Our immune system is an unceasing fighter against any virus, bacteria or fungi which can be potentially harmful to us. In fighting such harmful agents – pathogens – our immune system also trains itself in a variety of ways. One such way is to build up memory against a particular pathogen that the immune system once encountered. This immunological memory offers the immune system the ability to respond rapidly when that particular pathogen re-enters the body.
In order to build such an immune memory the immune system uses various components. The four important ones are the antibody Immunoglobulin G (IgG), memory B cell (a cell sub-type formed following primary infection), memory T cell (antigen-specific T cells which stay long after an infection has been eliminated) – CD4+ and CD8+ cells.
Antibodies function by binding themselves to a particular pathogen to destroy it. Antibodies produced against a pathogen retain information about the pathogen and can act quickly when the pathogen re enters the body. Memory B cells – a kind of cell within the immune system which retains information about a pathogen for decades – can elicit a quick action against a pathogen when it re-enters the body.
Memory T cells are of two types, named the helper memory T cells or CD4+ memory T cells and the T cells or CD8+ memory T cells. T cells are pathogen specific and remember the pathogen against which it has acted. When the pathogen re-enters the body, both types of the memory T cells show a rapid response.
A recent study, published in Science on January 8, analysed all these memory components in case of SARS-CoV-2, the pathogen behind the COVID-19 pandemic. The study found that some of these memory components survived for up to eight months after the infection occurred.
The IgG antibody, generated against the virus spike protein, was found to be stable even six months after the infection. Memory B cells were found to be more abundant six months later the infection than a month after it.

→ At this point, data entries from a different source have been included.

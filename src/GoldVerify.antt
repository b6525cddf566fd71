-- ===== src/GoldVerify.antt =====
-- internal/goldverify: the checks of a delivery. `read_csv`, the reader of encoding/csv, is an
-- argument. Counts are those of COUNT, and a map gives 0 or "" for a key that it lacks.
pub mod Delivery
pub mod Query
pub mod Handover
mod Tests
use go_drive_etl.Common.{
  ℕ, zero, suc, none, some, true, false, [], ◌∷◌, ok, err, Text, codes, Bool, Error, List, Option,
  Result, if◌then◌else◌, message, not, text_eq, wrapped, ◌&&◌, ◌==◌, length, ◌++◌, ◌||◌, ltb, ◌+◌,
  ◌-◌,
}
use go_drive_etl.GoldReport
use go_drive_etl.Services.{DriveClient, DriveFile, Source}

-- `GoldMatches`.
unfoldable pub gold_matches : (Text → ℕ) → Bool → Bool
gold_matches c allow_empty =
    if c (codes "daily_missing") == 0
      && c (codes "daily_extra") == 0
      && c (codes "latest_missing") == 0
      && c (codes "latest_extra") == 0
    then c (codes "expected_daily") == c (codes "actual_daily")
      && c (codes "expected_latest") == c (codes "actual_latest")
      && (allow_empty || ltb 0 (c (codes "silver_chunks")))
    else false

pub record CsvResult : Type 0 where
  pub table : Text
  pub rows : ℕ
  pub columns : ℕ
  pub duplicates : ℕ
  pub matched : Bool
  pub stable_id : Bool

abbrev pub no_result : Text → Bool → CsvResult
no_result table matched = record {
  table = table;
  rows = 0;
  columns = 0;
  duplicates = 0;
  matched = matched;
  stable_id = false;
}

abbrev pub expected_columns : Text → ℕ
expected_columns table = if text_eq table (codes "mart_ingestion_daily") then 6 else 7

-- `CheckCSV`, from the records that were read on.
unfoldable pub check_records :
    Text → Bool → Bool → Result (List (List Text)) → CsvResult × Option Error
check_records table matched allow_empty (err e) =
    (no_result table matched, some (message (codes "invalid CSV")))
check_records table matched allow_empty (ok []) =
    (no_result table matched, some (message (codes "invalid CSV")))
check_records table matched allow_empty (ok (header ∷ records)) =
    let r = record (no_result table matched) { rows = length records; columns = length header } in
    (
      r,
      if not (r.columns == expected_columns table)
          then some (message (codes "unexpected column count"))
          else if not matched
          then some (message (codes "CSV mismatch"))
          else if r.rows == 0 && not allow_empty
          then some (message (codes "unexpected empty CSV"))
          else none,
    )

unfoldable pub check_csv :
    (Text → Result (List (List Text))) → Text → Text → Text → Bool → CsvResult × Option Error
unfolding check_records
check_csv read_csv table want got allow_empty =
    check_records table (text_eq want got) allow_empty (read_csv got)

-- A map from tables to file IDs.
abbrev pub Ids : Type 0
Ids = List (Text × Text)

abbrev pub get_id : Ids → Text → Text
get_id [] table = []
get_id ((key, id) ∷ ids) table = if text_eq key table then id else get_id ids table

-- The loop over the files for one table: how many bear its name, and the last one's ID, if any.
unfoldable pub count_files : Text → List DriveFile → ℕ → Ids → ℕ × Ids
count_files table [] count ids = (count, ids)
count_files table (f ∷ files) count ids =
    let named = text_eq f.name (table ++ codes ".csv") in
    count_files table files (if named then count + 1 else count)
      (if named then (table, f.id) ∷ ids else ids)

-- The errors of the loop.
abbrev pub not_one : Text → Error
not_one table = message (table ++ codes ": expected one Drive CSV")

abbrev pub id_changed : Text → Error
id_changed table = message (table ++ codes ": file ID changed")

-- `previous != nil && previous[table] == ids[table]`.
abbrev pub is_stable : Option Ids → Ids → Text → Bool
is_stable none ids table = false
is_stable (some previous) ids table = text_eq (get_id previous table) (get_id ids table)

abbrev pub is_given : Option Ids → Bool
is_given none = false
is_given (some previous) = true

-- What `CheckDrive` returns.
pub record Checked : Type 0 where
  pub results : List CsvResult
  pub ids : Ids
  pub error : Option Error

module _ {W : Type 0} (read_csv : Text → Result (List (List Text))) (source : Source W)
    (dest : DriveClient W) (allow_empty : Bool) (previous : Option Ids) where
  -- From the bytes of both sides on: the result of the table, and the error that ends the loop, if
  -- there is one.
  unfoldable pub judge : Text → Ids → Text → Text → CsvResult × Option Error
  judge table ids want got =
      let (r, error) = check_csv read_csv table want got allow_empty in
      let stable = is_stable previous ids table in
      (
        record r { stable_id = stable },
        elim error [
          | some e ↦ some e
          | none ↦ if is_given previous && not stable then some (id_changed table) else none
        ],
      )

  abbrev ended : Text → Ids → List CsvResult → Error → Checked
  ended table ids results e = record {
    results = results ++ no_result table false ∷ [];
    ids = ids;
    error = some e;
  }

  -- From the result of the download on.
  unfoldable pub with_download : Text → Ids → List CsvResult → Text → Result Text → W → Checked × W
  with_download table ids results want (err e) w =
      (ended table ids results (wrapped (codes "download " ++ table ++ codes ": ") e), w)
  with_download table ids results want (ok got) w =
      let (r, error) = judge table ids want got in
      (record { results = results ++ r ∷ []; ids = ids; error = error }, w)

  -- From the result of the export on.
  unfoldable pub with_export : Text → Ids → List CsvResult → Result Text → W → Checked × W
  with_export table ids results (err e) w =
      (ended table ids results (wrapped (codes "export " ++ table ++ codes ": ") e), w)
  with_export table ids results (ok want) w =
      let (got, w') = dest.download_file (get_id ids table) w in
      with_download table ids results want got w'

  -- One table, of which `count` files were found. The message of the error leaves out the count.
  unfoldable pub check_table : Text → ℕ → Ids → List CsvResult → W → Checked × W
  check_table table count ids results w =
      let (want, w') = source.export_table_csv table w in
      let found = with_export table ids results want w' in
      if not (count == 1)
      then (
        record {
          results = results ++ record (no_result table false) { duplicates = count - 1 } ∷ [];
          ids = ids;
          error = some (not_one table);
        },
        w,
      )
      else found

  -- The loop over the tables.
  unfoldable pub check_tables : List DriveFile → List Text → Checked → W → Checked × W
  check_tables files [] c w = (c, w)
  check_tables files (table ∷ tables) c w =
      let (count, ids) = count_files table files 0 c.ids in
      let (c', w') = check_table table count ids c.results w in
      elim c'.error [ some e ↦ (c', w') | none ↦ check_tables files tables c' w' ]

  -- From the list of the folder on.
  unfoldable pub check_listed : Result (List DriveFile) → W → Checked × W
  check_listed (err e) w =
      (record { results = []; ids = []; error = some (wrapped (codes "list Drive files: ") e) }, w)
  check_listed (ok files) w =
      check_tables files GoldReport.tables (record { results = []; ids = []; error = none }) w

  unfoldable pub check_drive : Text → W → Checked × W
  check_drive folder w = let (files, w') = dest.list_files folder w in check_listed files w'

The study said that the CD4+ T cells, capable of preserving memory, can trigger a quick immune response whenever a second infection occurs, The other type of T cell – killer T cells or CD8+ T cells – also have memory and are ready to destroy any cell that is infected by the virus again.

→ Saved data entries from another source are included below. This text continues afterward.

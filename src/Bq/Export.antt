-- ===== src/Bq/Export.antt =====
-- The content of an export (`ExportTableCSV` of internal/bq/client.go).
use go_drive_etl.Common.{
  none, some, [], ◌∷◌, ok, err, Text, List, Option, Result, Bool-cases, inl, inr, ◌>>=◌, refl, sym,
  ap, ◌∙◌, ◌≡◌, if◌then◌else◌, ◌++◌, map, append_assoc, append-nil,
}
use go_drive_etl.Csv.{write_record, write_records}
use go_drive_etl.Bq.{
  Rows, done, failed, next, RowIterator, Client, record_of, write_rows, export_rows, export_query,
  matches_table, export_table_csv, invalid_table, some,
}

-- All rows, or the error that ends them.
abbrev pub collect : {A : Type 0} → Rows A → Result (List (Text → Option A))
collect done = ok []
collect (failed e) = err e
collect (next row rest) = collect rest >>= λ rows. ok (row ∷ rows)

module _ {A : Type 0} (sprint : A → Text) where
  -- The table whose header is the schema.
  abbrev pub table_of : List Text → List (Text → Option A) → List (List Text)
  table_of schema rows = schema ∷ map (record_of sprint schema) rows

  abbrev content : List Text → Text → List (Text → Option A) → Text
  content schema buf rows = buf ++ write_records (map (record_of sprint schema) rows)

  collect-next :
      (r : Result (List (Text → Option A))) (schema : List Text) (buf : Text)
      (row : Text → Option A)
      → (r >>= λ rows. ok (content schema (buf ++ write_record (record_of sprint schema row)) rows))
        ≡ ((r >>= λ rows. ok (row ∷ rows)) >>= λ rows. ok (content schema buf rows))
  unfolding write_records
  collect-next (err e) schema buf row = refl
  collect-next (ok rows) schema buf row = ap ok (append_assoc buf _ _)

  write_rows-content :
      (schema : List Text) (buf : Text) (rows : Rows A)
      → write_rows sprint schema buf rows ≡ (collect rows >>= λ all. ok (content schema buf all))
  unfolding write_rows write_records
  write_rows-content schema buf done = ap ok (sym (append-nil buf))
  write_rows-content schema buf (failed e) = refl
  write_rows-content schema buf (next row rest) =
      write_rows-content schema (buf ++ write_record (record_of sprint schema row)) rest
      ∙ collect-next (collect rest) schema buf row

  pub export_rows-content :
      (schema : List Text) (rows : Rows A)
      → export_rows sprint schema rows
        ≡ (collect rows >>= λ all. ok (write_records (table_of schema all)))
  unfolding export_rows write_rows write_records
  export_rows-content schema done = write_rows-content schema (write_record schema) done
  export_rows-content schema (failed e) = refl
  export_rows-content schema (next row rest) =
      write_rows-content schema (write_record schema) (next row rest)

  read-content :
      {W : Type 0} (r : Result (RowIterator A)) (w : W)
      → (elim r as (λ _. Result Text × W) [
        | err e ↦ (err e, w)
        | ok it ↦ (export_rows sprint it.schema it.rows, w)
      ]).0
        ≡ (r >>= (λ it. collect it.rows >>= λ rows. ok (write_records (table_of it.schema rows))))
  read-content (err e) w = refl
  read-content (ok it) w = export_rows-content it.schema it.rows

  -- What a CSV shows of a value, and of a row: the values of the columns in their order.
  abbrev pub shown : Option A → Text
  shown none = []
  shown (some v) = sprint v

  abbrev pub cells : List Text → (Text → Option A) → List Text
  cells [] row = []
  cells (name ∷ names) row = shown (row name) ∷ cells names row

  abbrev pub lines : List Text → List (Text → Option A) → List (List Text)
  lines schema [] = []
  lines schema (row ∷ rows) = cells schema row ∷ lines schema rows

  cells-cons :
      (names : List Text) (row : Text → Option A) (name : Text) (v : Option A)
      → row name ≡ v
      → record_of sprint names row ≡ cells names row
      → record_of sprint (name ∷ names) row ≡ shown v ∷ cells names row
  unfolding record_of
  cells-cons names row name none e h = rw e (ap (λ rest. [] ∷ rest) h)
  cells-cons names row name (some v) e h = rw e (ap (λ rest. sprint v ∷ rest) h)

  record_of-cells :
      (schema : List Text) (row : Text → Option A) → record_of sprint schema row ≡ cells schema row
  record_of-cells [] row = unfold record_of in refl
  record_of-cells (name ∷ names) row =
      cells-cons names row name (row name) refl (record_of-cells names row)

  table_of-lines :
      (schema : List Text) (rows : List (Text → Option A))
      → table_of schema rows ≡ schema ∷ lines schema rows
  table_of-lines schema [] = refl
  table_of-lines schema (row ∷ rows) = cc (record_of-cells schema row, table_of-lines schema rows)

  rows-lines :
      (schema : List Text) (r : Result (List (Text → Option A)))
      → (r >>= λ rows. ok (write_records (table_of schema rows)))
        ≡ (r >>= λ rows. ok (write_records (schema ∷ lines schema rows)))
  rows-lines schema (err e) = refl
  rows-lines schema (ok rows) = ap (λ t. ok (write_records t)) (table_of-lines schema rows)

  read-lines :
      (r : Result (RowIterator A))
      → (r >>= (λ it. collect it.rows >>= λ rows. ok (write_records (table_of it.schema rows)))) ≡ (
          r >>= (λ it.
            collect it.rows >>= λ rows. ok (write_records (it.schema ∷ lines it.schema rows))))
  read-lines (err e) = refl
  read-lines (ok it) = rows-lines it.schema (collect it.rows)

  pub export_table_csv-table_of :
      {W : Type 0} (c : Client A W) (table : Text) (w : W)
      → (export_table_csv c sprint table w).0 ≡ (
          if matches_table table
          then (c.bq.read (export_query c table) w).0
            >>= (λ it. collect it.rows >>= λ rows. ok (write_records (table_of it.schema rows)))
          else err invalid_table)
  unfolding export_table_csv
  export_table_csv-table_of c table w =
      let (iter, w') = c.bq.read (export_query c table) w in
      elim (Bool-cases (matches_table table)) [ inl e ↦ rw e (read-content iter w') | inr e ↦ rw e ]

  -- An export gives an error for a name that is no identifier, the error of the query, or that of
  -- the iterator; else the CSV text of one record with the names of the schema's columns and one
  -- for each row, in the order of the query, with the row's values in the order of the columns
  -- and an empty field for a null. No part of a table is given along with an error.
  pub export_table_csv-content :
      {W : Type 0} (c : Client A W) (table : Text) (w : W)
      → (export_table_csv c sprint table w).0 ≡ (
          if matches_table table
          then (c.bq.read (export_query c table) w).0 >>= (λ it.
              collect it.rows >>= λ rows. ok (write_records (it.schema ∷ lines it.schema rows)))
          else err invalid_table)
  export_table_csv-content c table w =
      export_table_csv-table_of c table w ∙ elim (Bool-cases (matches_table table)) [
        | inl e ↦ rw e (read-lines (c.bq.read (export_query c table) w).0)
        | inr e ↦ rw e refl
      ]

Noted immunologist Professor Alessandro Sette from La Jolla Institute for Immunology in the US, a co-author of the study, reportedly said: “Our data suggest that the immune response is there – and it stays. Of course, the immune response decreases over time to a certain extent, but that''s normal. That's what immune responses do. They have a first phase of ramping up, and after that fantastic expansion, eventually the immune response contracts somewhat and gets to a steady state.”
As part of the study, researchers sampled 188 COVID-19 cases and conducted their analysis on 254 blood samples collected from them. More than 43 samples were taken more than six months after the infection happened. The 188 people who were sampled included 80 males and 108 females. They represented the entire range of symptoms—asymptomatic, mild, moderate and serious COVID-19 cases.
Out of the subjects considered for the study, 93% were never hospitalised for treatment, seven percent needed hospitalisation and few among them required admission to an ICU. This is a noteworthy since if the immunological memory could last for months even in patients with milder symptoms, then these memories are more likely to exist for a prolonged period in severely affected patients.
The IgG antibody against the viral protein were found to be durable with a modest decline after six to eight months. The study also mentioned that the memory B cells against the spike protein were detected in all the 188 cases; importantly, they were found to have no apparent half-life (time required for a quantity to reduce to half of its initial value) five to eight months post-infection.
The half-life of memory T cells was observed to be between 125 and 225 days for killer T cells and between 94 and153 days for CD4+ T cells or the helper T cells. The study said that the immunity in case of COVID-19 is comparable that observed in the case of yellow fever immunisation.